During the harvesting, transportation, and storage of the Korla fragrant pear pears, they can be vulnerable to different types of impact damage. For example, there can be impact damage between fruit and fruit, fruit and packaging materials, and fruit and the ground. Although there are various forms of damage, there is a certain relationship between damage energy and damage volume. In this study, it was experimentally concluded that when the damage energy is in the range of 203.4–498.23 × 10⁻³ J, if the free fall damage and the static pressure damage have the same energy, the free fall damage can be equated to the static pressure damage. It can shorten the detection time, improve the damage detection efficiency and accuracy, provide a new research method for the impact damage detection of the Korla fragrant pear, and provide a new idea for the unified research of different forms of impact damage. However, the equivalent static pressure damage of the Korla fragrant pear under different damage conditions still needs to be studied according to the actual damage form.

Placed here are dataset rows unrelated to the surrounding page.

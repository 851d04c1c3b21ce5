-- ===== src/Cid/Deref.antt =====
-- The entry that a pointer into the array `cids->cids` (lib/src/cid.h) is to, and what moving an entry
-- to the list of retired ones does to it.
use quant.Base.{
  ℕ, ◌≡◌, refl, ap, subst, ◌∙◌, inl, inr, true, false, Option, none, some, List, [], ◌∷◌, ◌++◌,
  arith, ◌==◌, if◌then◌else◌, Bool-cases, ◌>>=◌, All, sub64,
}
use quant.Cid.Lists.{Cid, Cids}
use quant.Cid.Ops.{remove_slot}
use quant.Cid.Laws.{has_slot}

abbrev pub find_slot : List Cid → ℕ → Option Cid
find_slot [] k = none
find_slot (i ∷ is) k = if i.slot == k then some i else find_slot is k

abbrev or_else {ℓ} : {A : Type ℓ} → Option A → Option A → Option A
or_else none b = b
or_else (some a) b = some a

-- The entry of the array that a pointer is to, whatever list it is on.
unfoldable pub deref_cid : Cids → ℕ → Option Cid
deref_cid ids k =
    or_else (find_slot ids.act k) (or_else (find_slot ids.ret k) (find_slot ids.avl k))

pub has_slot-mid : (pre is : List Cid) (i : Cid) → has_slot (pre ++ i ∷ is) i.slot ≡ true
has_slot-mid [] is i = ground arith
has_slot-mid (x ∷ pre) is i = ground (arith, has_slot-mid pre is i)

pub remove_slot-mid :
    (pre is : List Cid) (i : Cid)
    → has_slot pre i.slot ≡ false
    → remove_slot (pre ++ i ∷ is) i.slot ≡ pre ++ is
remove_slot-mid [] is i h = ground arith
remove_slot-mid (x ∷ pre) is i h = elim (Bool-cases (x.slot == i.slot)) [
  | inl e ↦ ground arith
  | inr e ↦ (let r = remove_slot-mid pre is i (ground arith) in rw (e, r))
]

abbrev pub retired_cids : Cids → Cid → Cids
retired_cids ids id = record ids {
  act = remove_slot ids.act id.slot;
  act_cnt = sub64 ids.act_cnt 1;
  ret = record id { retired = true } ∷ ids.ret;
}

-- The number of the entry at a position, on whatever list it is.
abbrev pub seq_at : Cids → ℕ → Option ℕ
unfolding deref_cid
seq_at ids k = deref_cid ids k >>= (λ i. some i.seq)

find_slot-remove_slot :
    (is : List Cid) (j k : ℕ) → j == k ≡ false → find_slot (remove_slot is j) k ≡ find_slot is k
find_slot-remove_slot [] j k e = refl
find_slot-remove_slot (x ∷ is) j k e = elim (Bool-cases (x.slot == j)) [
  | inl q ↦ ground arith
  | inr q ↦ (let r = find_slot-remove_slot is j k e in ground arith)
]

find_slot-mid :
    (pre is : List Cid) (i : Cid)
    → has_slot pre i.slot ≡ false
    → find_slot (pre ++ i ∷ is) i.slot ≡ some i
find_slot-mid [] is i h = ground arith
find_slot-mid (x ∷ pre) is i h = elim (Bool-cases (x.slot == i.slot)) [
  | inl q ↦ ground arith
  | inr q ↦ (let r = find_slot-mid pre is i (ground arith) in ground arith)
]

find_slot-apart :
    (pre is : List Cid) (i : Cid)
    → has_slot pre i.slot ≡ false
    → All (λ j. j.slot == i.slot ≡ false) is
    → find_slot (pre ++ is) i.slot ≡ none
find_slot-apart [] [] i h d = refl
find_slot-apart [] (j ∷ is) i h d = (let r = find_slot-apart [] is i h d.1 in ground (arith, d.0))
find_slot-apart (x ∷ pre) is i h d = elim (Bool-cases (x.slot == i.slot)) [
  | inl q ↦ ground arith
  | inr q ↦ (let r = find_slot-apart pre is i (ground arith) d in ground arith)
]

pub seq_at-retire :
    (pre is : List Cid) (ids : Cids) (i : Cid) (k : ℕ)
    → ids.act ≡ pre ++ i ∷ is
    → has_slot pre i.slot ≡ false
    → All (λ j. j.slot == i.slot ≡ false) is
    → seq_at (retired_cids ids i) k ≡ seq_at ids k
unfolding deref_cid
seq_at-retire pre is ids i k e h d = elim (Bool-cases (i.slot == k)) [
  | inl q ↦
      (let q' : i.slot ≡ k = ground arith in
        let a : find_slot (remove_slot ids.act i.slot) i.slot ≡ none =
          ap (λ l. find_slot (remove_slot l i.slot) i.slot) e
          ∙ ap (λ l. find_slot l i.slot) (remove_slot-mid pre is i h)
          ∙ find_slot-apart pre is i h d in
        let b : find_slot ids.act i.slot ≡ some i =
          ap (λ l. find_slot l i.slot) e ∙ find_slot-mid pre is i h in
        subst (λ n. seq_at (retired_cids ids i) n ≡ seq_at ids n) q' (ground (arith, a, b)))
  | inr q ↦ (let r = find_slot-remove_slot ids.act i.slot k q in ground (arith, r))
]
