-- ===== src/Conn/Dcid.antt =====
-- The destination connection ID in use: `use_next_dcid` of lib/src/conn.c.
use quant.Base.{Bool, true, false, Option, some, if◌then◌else◌, ◌>>=◌}
use quant.Cid.Lists.{Cid, next_cid}
use quant.Cid.Ops.{cid_retire}
use quant.Cid.Deref.{deref_cid}
use quant.Conn.State.{Conn}

abbrev pub switch_dcid : Conn → Cid → Conn
switch_dcid c n = record c { spin = if c.spin_enabled then false else c.spin; dcid = n.slot }

-- `none` is the failed check that there is a next one.
unfoldable pub use_next_dcid : Conn → Bool → Option Conn
unfolding deref_cid next_cid cid_retire
use_next_dcid c also_retire = do
  cur ← deref_cid c.dcids c.dcid
  n ← next_cid c.dcids cur.seq
  if also_retire
      then (do
        ids ← cid_retire c.dcids cur
        some (switch_dcid (record c { tx_retire_cid = true; dcids = ids }) n))
      else some (switch_dcid c n)
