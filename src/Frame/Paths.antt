-- ===== src/Frame/Paths.antt =====
-- The frames on connection IDs and paths, and those that close: NEW_CONNECTION_ID,
-- RETIRE_CONNECTION_ID, NEW_TOKEN, PATH_CHALLENGE, PATH_RESPONSE and CONNECTION_CLOSE
-- (lib/src/frame.c).
use quant.Base.{
  ℕ, ◌+◌, ◌%◌, ◌^◌, min, Bool, true, false, not, ◌&&◌, ◌||◌, Option, none, some, List, [], ltb, leb,
  ◌==◌, if◌then◌else◌, is_some, ◌>>=◌, length,
}
use quant.Cid.Lists.{Cid, cid_by_seq, next_cid, bytes_eq}
use quant.Cid.Ops.{cid_ins, cid_del, retire_prior_to}
use quant.Conn.Packets.{PktMeta}
use quant.Conn.State.{Conn, conn_clsg, conn_drng}
use quant.Conn.Close.{enter_closing, is_clsg}
use quant.Cid.Deref.{deref_cid}
use quant.Conn.Dcid.{use_next_dcid}
use quant.Frame.{frm_tok, frm_cid, frm_rtr, frm_pcl, frm_prp, frm_clq}
use quant.Frame.Handled.{
  Handled, ok, died, fail_frm, decv_chk, dec1_chk, decb_chk, err_fram_enc, err_cid_limt, err_pv,
}
use quant.Recovery.Congestion.{min_ini_len}

abbrev pub path_chlg_len : ℕ
path_chlg_len = 8

abbrev pub cid_len_max : ℕ
cid_len_max = 20

abbrev pub srt_len : ℕ
srt_len = 16

abbrev pub max_tok_len : ℕ
max_tok_len = 166

abbrev pub challenged : Conn → List ℕ → Conn
challenged c bytes = record c {
  path_chlg_in = bytes;
  path_resp_out = bytes;
  needs_tx = true;
  tx_path_resp = true;
}

unfoldable pub dec_path_challenge_frame : Conn → List ℕ → Handled
dec_path_challenge_frame c inp =
    decb_chk c frm_pcl path_chlg_len inp (λ bytes rest. ok (challenged c bytes) rest)

-- The connection moves to the new path.
abbrev pub finish_migration : Conn → Conn
finish_migration c = record c {
  peer = c.migr_peer;
  sock = c.migr_sock;
  migr_sock = none;
  holds_migr_sock = false;
  tx_path_chlg = false;
  tx_limit = 0;
}

-- A response is ignored in a short packet, without a challenge, and with other bytes.
abbrev pub answer : Conn → PktMeta → List ℕ → List ℕ → Handled
answer c m bytes rest =
    if ltb m.udp_len min_ini_len
      || (not c.tx_path_chlg || not (bytes_eq path_chlg_len bytes c.path_chlg_out))
    then ok (record c { path_resp_in = bytes }) rest
    else ok (finish_migration (record c { path_resp_in = bytes })) rest

unfoldable pub dec_path_response_frame : Conn → PktMeta → List ℕ → Handled
dec_path_response_frame c m inp = decb_chk c frm_prp path_chlg_len inp (answer c m)

abbrev pub new_cid : ℕ → ℕ → List ℕ → List ℕ → Cid
new_cid seq len id srt = record {
  slot = 0;
  seq = seq;
  len = len;
  id = id;
  srt = srt;
  has_srt = true;
  in_cbi = false;
  retired = false;
  available = false;
  local_choice = false;
}

abbrev pub max_act_cids : Conn → ℕ
max_act_cids c = c.tp_mine.act_cid_lim + (if c.tp_peer.pref_addr.cid.len == 0 then 0 else 1)

-- The older connection IDs are retired; if the one in use is among them, another one is used.
-- `none` is a failed check.
unfoldable pub retire_older : Conn → Cid → ℕ → Option Conn
unfolding retire_prior_to use_next_dcid
retire_older c cur rpt =
    if ltb c.rpt_max rpt
    then retire_prior_to c.dcids rpt >>= (λ ids.
      let c1 = record c { dcids = ids; rpt_max = rpt } in
      if ltb cur.seq rpt then use_next_dcid (record c1 { tx_retire_cid = true }) false else some c1)
    else some c

-- `srt_new` tells whether a reset token is not yet in the table of tokens.
unfoldable pub ins_dcid : (List ℕ → Bool) → Conn → Cid → List ℕ → Handled
unfolding cid_ins
ins_dcid srt_new c id rest = elim (cid_ins c.dcids id) [
  | none ↦ died
  | some (ids, none) ↦ fail_frm (record c { dcids = ids }) err_pv frm_cid
  | some (ids, some new) ↦
      (if srt_new new.srt
        then ok (record c { dcids = ids }) rest
        else fail_frm (record c { dcids = ids }) err_pv frm_cid)
]

-- What follows the retirement, unless that failed a check.
abbrev pub finish_new_cid : (List ℕ → Bool) → Bool → Cid → List ℕ → Option Conn → Handled
finish_new_cid srt_new dup id rest none = died
finish_new_cid srt_new dup id rest (some c) = if dup then ok c rest else ins_dcid srt_new c id rest

-- The rest of the decoder, with the fields of the frame and the connection ID in use.
unfoldable pub take_new_cid : (List ℕ → Bool) → Conn → Cid → ℕ → Cid → List ℕ → Handled
unfolding cid_by_seq
take_new_cid srt_new c cur rpt id rest =
    let dup = is_some (cid_by_seq c.dcids.act id.seq) || leb id.seq cur.seq in
    if id.len == 0 && not (cur.len == 0)
    then fail_frm c err_fram_enc frm_cid
    else if not (id.len == 0) && cur.len == 0
    then fail_frm c err_fram_enc frm_cid
    else if not dup && ltb (max_act_cids c) c.dcids.act_cnt
    then fail_frm c err_cid_limt frm_cid
    else if ltb id.seq rpt
    then fail_frm c err_pv frm_cid
    else if ltb cid_len_max id.len
    then fail_frm c err_pv frm_cid
    else finish_new_cid srt_new dup id rest (retire_older c cur rpt)

-- RETIRE_CONNECTION_ID, once the number was read.
unfoldable pub take_retire_cid : Conn → ℕ → List ℕ → Handled
unfolding cid_by_seq deref_cid next_cid cid_del
take_retire_cid c seq rest =
    let cur = (c.scid >>= λ k. deref_cid c.scids k) in
    elim cur [
      | none ↦ elim (cid_by_seq c.scids.act seq) [ none ↦ ok c rest | some i ↦ died ]
      | some s ↦
          (if s.seq == seq then fail_frm c err_pv frm_rtr else elim (cid_by_seq c.scids.act seq) [
            | none ↦ ok c rest
            | some i ↦
                (if not i.in_cbi
                  then died
                  else elim (cid_del c.scids (record i { in_cbi = false })) [
                    | none ↦ died
                    | some ids ↦ ok (record c { scids = ids; tx_ncid = true }) rest
                  ])
          ])
    ]

module _ (past : ℕ) where
  unfoldable pub dec_new_cid_frame : (List ℕ → Bool) → Conn → List ℕ → Handled
  unfolding deref_cid take_new_cid
  dec_new_cid_frame srt_new c inp = decv_chk past c frm_cid inp (λ seq r1.
      decv_chk past c frm_cid r1 (λ rpt r2. dec1_chk c frm_cid r2 (λ len r3.
        elim (deref_cid c.dcids c.dcid) [
          | none ↦ died
          | some cur ↦
              (if leb len cid_len_max
                then decb_chk c frm_cid len r3 (λ id r4.
                  decb_chk c frm_cid srt_len r4
                    (λ srt r5. take_new_cid srt_new c cur rpt (new_cid seq len id srt) r5))
                else take_new_cid srt_new c cur rpt (new_cid seq len [] []) r3)
        ])))

  unfoldable pub dec_retire_cid_frame : Conn → List ℕ → Handled
  unfolding take_retire_cid
  dec_retire_cid_frame c inp = decv_chk past c frm_rtr inp (λ seq rest. take_retire_cid c seq rest)

  unfoldable pub dec_new_token_frame : Conn → List ℕ → Handled
  dec_new_token_frame c inp = decv_chk past c frm_tok inp (λ tok_len rest.
      let act = min tok_len (length rest) in
      if ltb max_tok_len act
      then fail_frm c err_fram_enc frm_tok
      else decb_chk c frm_tok act rest (λ tok rest'.
        if not c.is_clnt
        then fail_frm c err_pv frm_tok
        else if not (tok_len == act)
        then fail_frm c err_fram_enc frm_tok
        else ok c rest'))

  -- The connection after a CONNECTION_CLOSE: a second one drains it.
  abbrev pub peer_closes : Conn → Conn
  peer_closes c =
      if is_clsg c.state
      then record c { state = conn_drng; closing_alarm = some 0 }
      else enter_closing (record c { state = conn_clsg; needs_tx = true })

  -- The error code, and the reason, of which no more is read than there is. The reason goes to the
  -- scratch space, which is taken to be large enough.
  unfoldable pub take_close : Conn → ℕ → List ℕ → Handled
  unfolding enter_closing
  take_close c type inp = decv_chk past c type inp (λ reas_len rest.
      let act = min reas_len (length rest % 2 ^ 16) in
      decb_chk c type act rest (λ reason rest'.
        if not (reas_len == act) then fail_frm c err_fram_enc type else ok (peer_closes c) rest'))

  unfoldable pub dec_close_frame : Conn → ℕ → List ℕ → Handled
  unfolding take_close
  dec_close_frame c type inp = decv_chk past c type inp (λ err_code rest.
      if type == frm_clq
      then decv_chk past c type rest (λ frame_type rest'. take_close c type rest')
      else take_close c type rest)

The material that comes into contact with the Korla fragrant pear has a significant impact on its rebound height. The normal load of the Korla fragrant pear varies depending on the contact material, resulting in differing rebound heights. Chen Chun Hao and his team discovered that when the contact material is pearl cotton, fake lawn, silicone rubber, or bubble film, the damage from dropping apples at different heights differs greatly [32]. This research was conducted under specific contact material conditions and cannot fully characterise the impact damage caused to the Korla fragrant pear in actual production. However, this research method can be referenced for specific research in actual production.

5. Conclusions

Within the range of test parameters, when the damage energy was 205.89 × 10⁻³ J, the impact damage volume of fragrant pears was generated, and when the damage energy was 159.4 × 10⁻³ J, the static pressure damage volume of fragrant pears was generated. The damage energy was in the range of 203.4 × 10⁻³ J–498.23 × 10⁻³ J, the free fall height was in the range of 30.58–81.07 cm, the static pressure damage volume of fragrant pears was linearly correlated with the impact damage volume, and the correlation coefficient R² was 0.9944. When the damage energy was 380.88 × 10⁻³ J, the static and impact damage volumes were both 2728.54 mm³. It was found by scanning electron microscope that there was no significant difference in the damage degree of fragrant pears under static pressures and impact loads using the same damage energy. This study uses static pressure damage to label impact damage and attempts to reveal the relationship between static pressure damage and impact damage. It is an exploration of theoretical methods and can be applied in many aspects, such as the detection and prediction of impact damage in the process of harvesting and storage of the Korla fragrant pear. It can also provide reference for the impact damage research of other fruits and is an attempt to create a new method.